In task_unlink_rq, to decide if we should logk the global runqueue lock,
use the TASK_GLOBAL flag instead of relying on t->thread_mask being tid_bit,
as it could be so while still being in the global runqueue if another thread
woke that task for us.
This should be backported to 1.9.
Dragan Dosen reported that after the multi-queue changes, appending
"process 1/even" on a bind line can make the process immediately crash
when delivering a first connection. This is due to the fact that I
believed that thread_mask(mask) applied the all_threads_mask value,
but it doesn't.
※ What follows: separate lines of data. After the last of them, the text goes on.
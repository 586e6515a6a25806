-- ===== src/Publisher/Fence.antt =====
-- The Lua scripts that redis_publisher.rs runs inside Redis, each one Redis operation:
-- PROMOTE_WRITER_SCRIPT, APPEND_FENCED_SCRIPT, RENEW_WRITER_SCRIPT, VERIFY_WRITER_SCRIPT and
-- INSPECT_WRITER_SCRIPT. An error reply leaves what the script had written before it.
pub mod Events
pub mod Generations
pub mod Outcomes
pub mod Appends
pub mod Stale
pub mod Retry
pub mod Ownership
use tycho_simulation_server.Base.{
  ℕ, ◌-◌, zero, suc, List, [], ◌∷◌, ◌++◌, Option, none, some, Bool, true, false, not, ◌&&◌, ◌==◌,
  ltb, if◌then◌else◌, Text, codes, text_eq, format_u64, map, length, Result, ok, err, ◌>>=◌, ◌>>◌,
  ensure, refuse, ok_or, map_err,
}
use tycho_simulation_server.Replay.EntryId.{EntryIdParts, parts}
use tycho_simulation_server.Publisher.Redis.{
  Positive, Redis, Fields, StreamReply, StreamFault, no_such_key, other_fault, or_zero,
}

-- The error replies of the scripts.
pub data FenceError : Type 0 where
  missing_fence stale_token missing_generation stale_generation : FenceError
  redis_error : Text → FenceError

-- The token and the generation that a recovering writer expects to find. The caller gives both or
-- neither.
pub record Owner : Type 0 where
  pub token : Text
  pub generation : ℕ

-- RedisPromotionCommand, less the keys
pub record PromotionCommand : Type 0 where
  pub maxlen : Option Positive
  pub writer_token : Text
  pub expected : Option Owner
  pub lease_ttl_ms : Positive
  pub normal_marker_fields : Fields

pub record PromotionResult : Type 0 where
  pub generation : ℕ
  pub entry_id : EntryIdParts

-- RedisAppendCommand, less the keys, with the entry as the id and the fields that are sent
pub record AppendCommand : Type 0 where
  pub maxlen : Option Positive
  pub writer_token : Text
  pub generation : ℕ
  pub lease_ttl_ms : Positive
  pub entry_id : EntryIdParts
  pub fields : Fields

-- RedisRenewCommand and RedisVerifyCommand, less the keys
pub record RenewCommand : Type 0 where
  pub writer_token : Text
  pub generation : ℕ
  pub lease_ttl_ms : Positive

pub record WriterInspection : Type 0 where
  pub generation : ℕ
  pub first_entry_id : Option EntryIdParts
  pub last_entry_id : Option EntryIdParts

starts_with : Text → Text → Bool
starts_with s [] = true
starts_with [] (d ∷ t) = false
starts_with (c ∷ s) (d ∷ t) = c == d && starts_with s t

-- string.gsub of a plain text; `skip` characters are left of the last match.
gsub : Text → Text → ℕ → Text → Text
unfolding starts_with
gsub old new skip [] = []
gsub old new (suc skip) (c ∷ s) = gsub old new skip s
gsub old new zero (c ∷ s) =
    let replaced = gsub old new (length old - 1) s in
    let kept = gsub old new 0 s in if starts_with (c ∷ s) old then new ++ replaced else c ∷ kept

-- The marker's fields with the generation in place of the placeholder.
unfoldable pub fill_generation : ℕ → Fields → Fields
unfolding gsub
fill_generation generation =
    map (λ field. (field.0, gsub (codes "__GENERATION__") (format_u64 generation) 0 field.1))

-- The checks that the append, renew and verify scripts begin with.
unfoldable pub check_fence : Text → ℕ → Option Text → Option ℕ → Result FenceError Unit
check_fence token generation current_token current_generation = do
  current ← ok_or current_token missing_fence
  ensure (text_eq current token) stale_token
  number ← ok_or current_generation missing_generation
  ensure (number == generation) stale_generation

-- The error reply that passes on one of XINFO.
abbrev fault_error : StreamFault → FenceError
fault_error (no_such_key e) = redis_error e
fault_error (other_fault e) = redis_error e

-- A recovery may reclaim a fence that ran out, and displaces no other writer.
abbrev may_reclaim : Owner → Option Text → Bool
may_reclaim owner none = true
may_reclaim owner (some current_token) = text_eq current_token owner.token

module _ {S : Type 0} (R : Redis S) where
  -- `type(info) == "table"` without a last-generated-id does not occur: XINFO STREAM always has it.
  unfoldable pub stream_generation : S → Result FenceError ℕ
  stream_generation s = elim (R.stream_info s) [
    | ok info ↦ ok info.last_generated.millis
    | err (no_such_key e) ↦ ok 0
    | err (other_fault e) ↦ err (redis_error e)
  ]

  -- The generation of an earlier run of the same command, when its marker is still there.
  marked_generation : Text → Option Text → Option ℕ → S → Option ℕ
  marked_generation token (some current_token) (some generation) s =
      if text_eq current_token token
      then elim (R.entry_at (parts generation 1) s) [ none ↦ none | some _ ↦ some generation ]
      else none
  marked_generation token _ _ s = none

  -- A normal promotion is answered from an earlier run of it, whose reply may have been lost.
  unfoldable pub promoted_before : PromotionCommand → S → Option ℕ
  unfolding marked_generation
  promoted_before c s = elim c.expected [
    | some _ ↦ none
    | none ↦ marked_generation c.writer_token (R.view s).writer (R.view s).generation s
  ]

  expect_generation : Owner → Option ℕ → S → Result FenceError S
  expect_generation owner none s = ok (R.set_generation owner.generation s)
  expect_generation owner (some current_generation) s =
      if current_generation == owner.generation then ok s else err stale_generation

  admit : Option Owner → S → Result FenceError S
  unfolding expect_generation
  admit none s = ok s
  admit (some owner) s = do
    ensure (may_reclaim owner (R.view s).writer) stale_token
    expect_generation owner (R.view s).generation s

  unfoldable pub admit_promotion : PromotionCommand → S → Result FenceError S
  unfolding admit
  admit_promotion c s = admit c.expected s

  -- A lost generation key goes on after the stream's generation.
  raise_generation : ℕ → S → S
  raise_generation stream s =
      if ltb (or_zero (R.view s).generation) stream then R.set_generation stream s else s

  -- The marker is the first entry of the new generation.
  marker_reply : ℕ → S → Result Text S → Result FenceError PromotionResult × S
  marker_reply generation s (err e) = (err (redis_error e), s)
  marker_reply generation s (ok t) =
      (ok (record { generation = generation; entry_id = parts generation 1 }), t)

  add_marker : PromotionCommand → ℕ → S → Result FenceError PromotionResult × S
  unfolding marker_reply
  add_marker c generation s =
      marker_reply generation s
        (R.xadd c.maxlen (parts generation 1) (fill_generation generation c.normal_marker_fields) s)

  -- What follows once the stream's generation is known.
  unfoldable pub start_after :
      PromotionCommand → S → Result FenceError ℕ → Result FenceError PromotionResult × S
  unfolding raise_generation add_marker
  start_after c s (err e) = (err e, s)
  start_after c s (ok stream) =
      let t = R.incr_generation (raise_generation stream s) in
      add_marker c (or_zero (R.view t).generation) (R.set_writer c.writer_token c.lease_ttl_ms t)

  start_generation :
      PromotionCommand → Result FenceError S → S → Result FenceError PromotionResult × S
  unfolding stream_generation start_after
  start_generation c (err e) s = (err e, s)
  start_generation c (ok t) s = start_after c t (stream_generation t)

  answer_promotion : PromotionCommand → S → Option ℕ → Result FenceError PromotionResult × S
  unfolding admit_promotion start_generation
  answer_promotion c s (some generation) = (
    ok (record { generation = generation; entry_id = parts generation 1 }),
    R.expire_writer c.lease_ttl_ms s,
  )
  answer_promotion c s none = start_generation c (admit_promotion c s) s

  unfoldable pub promote_writer : PromotionCommand → S → Result FenceError PromotionResult × S
  unfolding promoted_before answer_promotion
  promote_writer c s = answer_promotion c s (promoted_before c s)

  fence_of : Text → ℕ → S → Result FenceError Unit
  unfolding check_fence
  fence_of token generation s = check_fence token generation (R.view s).writer (R.view s).generation

  append_reply : AppendCommand → S → Result Text S → Result FenceError EntryIdParts × S
  append_reply c s (err e) = (err (redis_error e), s)
  append_reply c s (ok t) = (ok c.entry_id, t)

  append_past : AppendCommand → S → Result FenceError Unit → Result FenceError EntryIdParts × S
  unfolding append_reply
  append_past c s (err e) = (err e, s)
  append_past c s (ok _) =
      let t = R.expire_writer c.lease_ttl_ms s in
      append_reply c t (R.xadd c.maxlen c.entry_id c.fields t)

  unfoldable pub append_fenced : AppendCommand → S → Result FenceError EntryIdParts × S
  unfolding fence_of append_past
  append_fenced c s = append_past c s (fence_of c.writer_token c.generation s)

  renew_past : RenewCommand → S → Result FenceError Unit → Result FenceError Unit × S
  renew_past c s (err e) = (err e, s)
  renew_past c s (ok _) = (ok tt, R.expire_writer c.lease_ttl_ms s)

  unfoldable pub renew_writer : RenewCommand → S → Result FenceError Unit × S
  unfolding fence_of renew_past
  renew_writer c s = renew_past c s (fence_of c.writer_token c.generation s)

  unfoldable pub verify_writer : RenewCommand → S → Result FenceError Unit
  unfolding fence_of
  verify_writer c s = fence_of c.writer_token c.generation s

  -- A stream that is not there is an error here.
  unfoldable pub inspect_writer : Text → ℕ → S → Result FenceError WriterInspection
  inspect_writer token generation s = do
    ensure (elim (R.view s).writer [ none ↦ false | some t ↦ text_eq t token ]) stale_token
    ensure (elim (R.view s).generation [ none ↦ false | some g ↦ g == generation ]) stale_generation
    info ← map_err fault_error (R.stream_info s)
    ok (record {
      generation = generation;
      first_entry_id = info.first_entry;
      last_entry_id = some info.last_generated;
    })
And in case of even/odd the bits cover more than the
available threads, resulting in too high a thread number being selected
and a non-existing task to be woken up.
No backport is needed.
Injecting on a saturated listener started to exhibit some deadlocks
again between LIST_POP_LOCKED() and LIST_DEL_LOCKED(). Olivier found
it was due to a leftover from a previous debugging session. This patch
fixes it.
This will have to be backported if the other LIST_*_LOCKED() patches
are backported.
Some packages used to rely on DEFAULT_MAXCONN to set the default global
maxconn value to use regardless of the initial ulimit. The recent changes
made the lowest bound set to 100 so that it is compatible with almost any
environment. Now that DEFAULT_MAXCONN is not needed for anything else, we
can use it for the lowest bound set when maxconn is not configured. This
way it retains its original purpose of setting the default maxconn value
eventhough most of the time the effective value will be higher thanks to
the automatic computation based on "ulimit -n".
This entry was still set to 2000 but never used anymore. The only places
where it appeared was as an alias to SYSTEM_MAXCONN which forces it, so
let's turn these ones to SYSTEM_MAXCONN and remove the default value for
DEFAULT_MAXCONN. SYSTEM_MAXCONN still defines the upper bound however.